Language codes

From Apertium
Jump to navigation Jump to search

You may need to identify a language code. For example, you may wish to create a dictionary for a language not in Apertium repositories. If you invent a new language, or identify a new dialect, you may need to create a language code. Also, you may wish to develop a language pair which needs an updated title.


The short answer

The Apertium project attempts to use ISO 639-3 three-letter codes for languages. Some pairs still use two-letter codes. These codes should be considered legacy. They will eventually be moved to three-letter codes.

The complete list of codes under this standard is at SIL 639-3 codes.


The long answer

ISO 639‑3 attempts to cover all known, living or dead, spoken or written languages. The list has 7000 or more entries. The entries are for individual languages, not language groups. If the language you wish to work on is orthodox, the list will probably have an entry. For example, there is an entry for the historical language, 'Middle High German (ca. 1050-1500)'.

Despite the scholarship behind the list, it is possible you wish to develop languages for Apertium which have no entry. Languages gain an entry on the list if there is scholarly recognition and a body of literature. The dialect of the city of London called 'Cockney Rhyming Slang' is a variation on English, mainly substituting nouns. Cockney Rhyming Slang is well-known, but is/was spoken and has no original literature. So, it has no ISO 639-3 code.

To create a code

Can the language reasonably be regarded as a variation on a well-known language? If so, you can use the internet document [RFC https://tools.ietf.org/html/rfc5646 rfc5646]. This allows you to state how the language varies from the parent.

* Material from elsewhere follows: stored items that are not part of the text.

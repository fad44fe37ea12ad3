-- ===== src/Points/Store.antt =====
-- internal/repository/users.go: GetXP, AddXP; internal/repository/checkin.go: AddUnlockPoints,
-- GetUnlockPoints, SpendUnlockPoints, CheckIn.
use magic_jigsaw.Prelude.{ℕ, Bool, true, false, ℤ, pos, int_le}
use magic_jigsaw.Db.Action.{Env, Action, failed, pure, or_raise, branch, on_row, ◌>>=◌, execute}
use magic_jigsaw.Points.Statements.{
  select_xp, update_xp, select_unlock_points, update_add_points, update_spend_points,
  insert_checkin,
}

module _ (env : Env) where
  unfoldable pub get_xp : ℕ → Action ℤ
  unfolding execute
  get_xp id = do row ← execute env (select_xp id); or_raise row failed

  unfoldable pub add_xp : ℕ → ℤ → Action ℤ
  unfolding execute
  add_xp id amount = do row ← execute env (update_xp id amount); or_raise row failed

  unfoldable pub get_unlock_points : ℕ → Action ℤ
  unfolding execute
  get_unlock_points user_id = do
    row ← execute env (select_unlock_points user_id)
    or_raise row failed

  unfoldable pub add_unlock_points : ℕ → ℤ → Action ℤ
  unfolding execute
  add_unlock_points user_id amount =
      branch (int_le amount (pos 0)) (get_unlock_points user_id)
        do row ← execute env (update_add_points user_id amount); or_raise row failed

  -- The balance, and whether there was enough.
  unfoldable pub spend_unlock_points : ℕ → ℤ → Action (ℤ × Bool)
  unfolding execute
  spend_unlock_points user_id amount =
      branch (int_le amount (pos 0)) (do n ← get_unlock_points user_id; pure (n, true))
        do
          row ← execute env (update_spend_points user_id amount)
          on_row row (pure (pos 0, false)) λ balance. pure (balance, true)

  -- Two statements, and no transaction around them.
  unfoldable pub check_in : ℕ → ℕ → Action Bool
  unfolding execute
  check_in user_id date = do
    inserted ← execute env (insert_checkin user_id date)
    branch inserted (do _ ← add_unlock_points user_id (pos 1); pure true) (pure false)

The original document is very long, so here's a simple version. Nowadays, the standard is leaning towards using ISO 639-3 codes to identify the language. Then you use extra tags, separated by hyphens, to identify the variant. If the tags are not relevant, they can be dropped. No tag should be over eight characters long. Here are the tags which will interest an Apertium developer,

langcode-script-region-variant

In that order. A long example,

zh-cmn-Hans-CN
(Chinese, Mandarin, Simplified script, as used in China)

Note how the region is upper-case. The standard is case-insensitive, but the region is often capitalised. This leads to the common and well-known (using the older, shorter, language codes) code,

en_US
English, US variation

Please note that the hyphen in the original documents is often converted to an underscore for use on machines. Apertium expects an underscore.

Some examples

A Cockney Rhyming Slang dictionary could be named as,

eng_cockney

If, on some long weekend, you wished to translate the language of the English writer Lewis Carroll into (Unicode) shorthand,

eng_shrthand_carroll

An invented language with very little parentage, such as Klingon, can be represented by the ISO 639-3 code 'mis' ('miscellaneous'). Klingon was recently given a code, 'tlh'. Before it gained a code, an Apertium dictionary may have been called,

mis_klingon

How to represent complex codes in a build

How do you represent these codes when naming Apertium folders? The usual method is,

apertium-swe-dan

The method (?) is to indicate tags using an underscore,

apertium-eng_cockney-eng_shrthand_carroll

Summary

For use with apertium tools, dictionaries should now start with a three character code (which should be regex [a-zA-Z]{3}). Variation 'Subtags' can be added. Subtags can be less than or equal to eight characters long. The language code and subtags must be separated by underscores.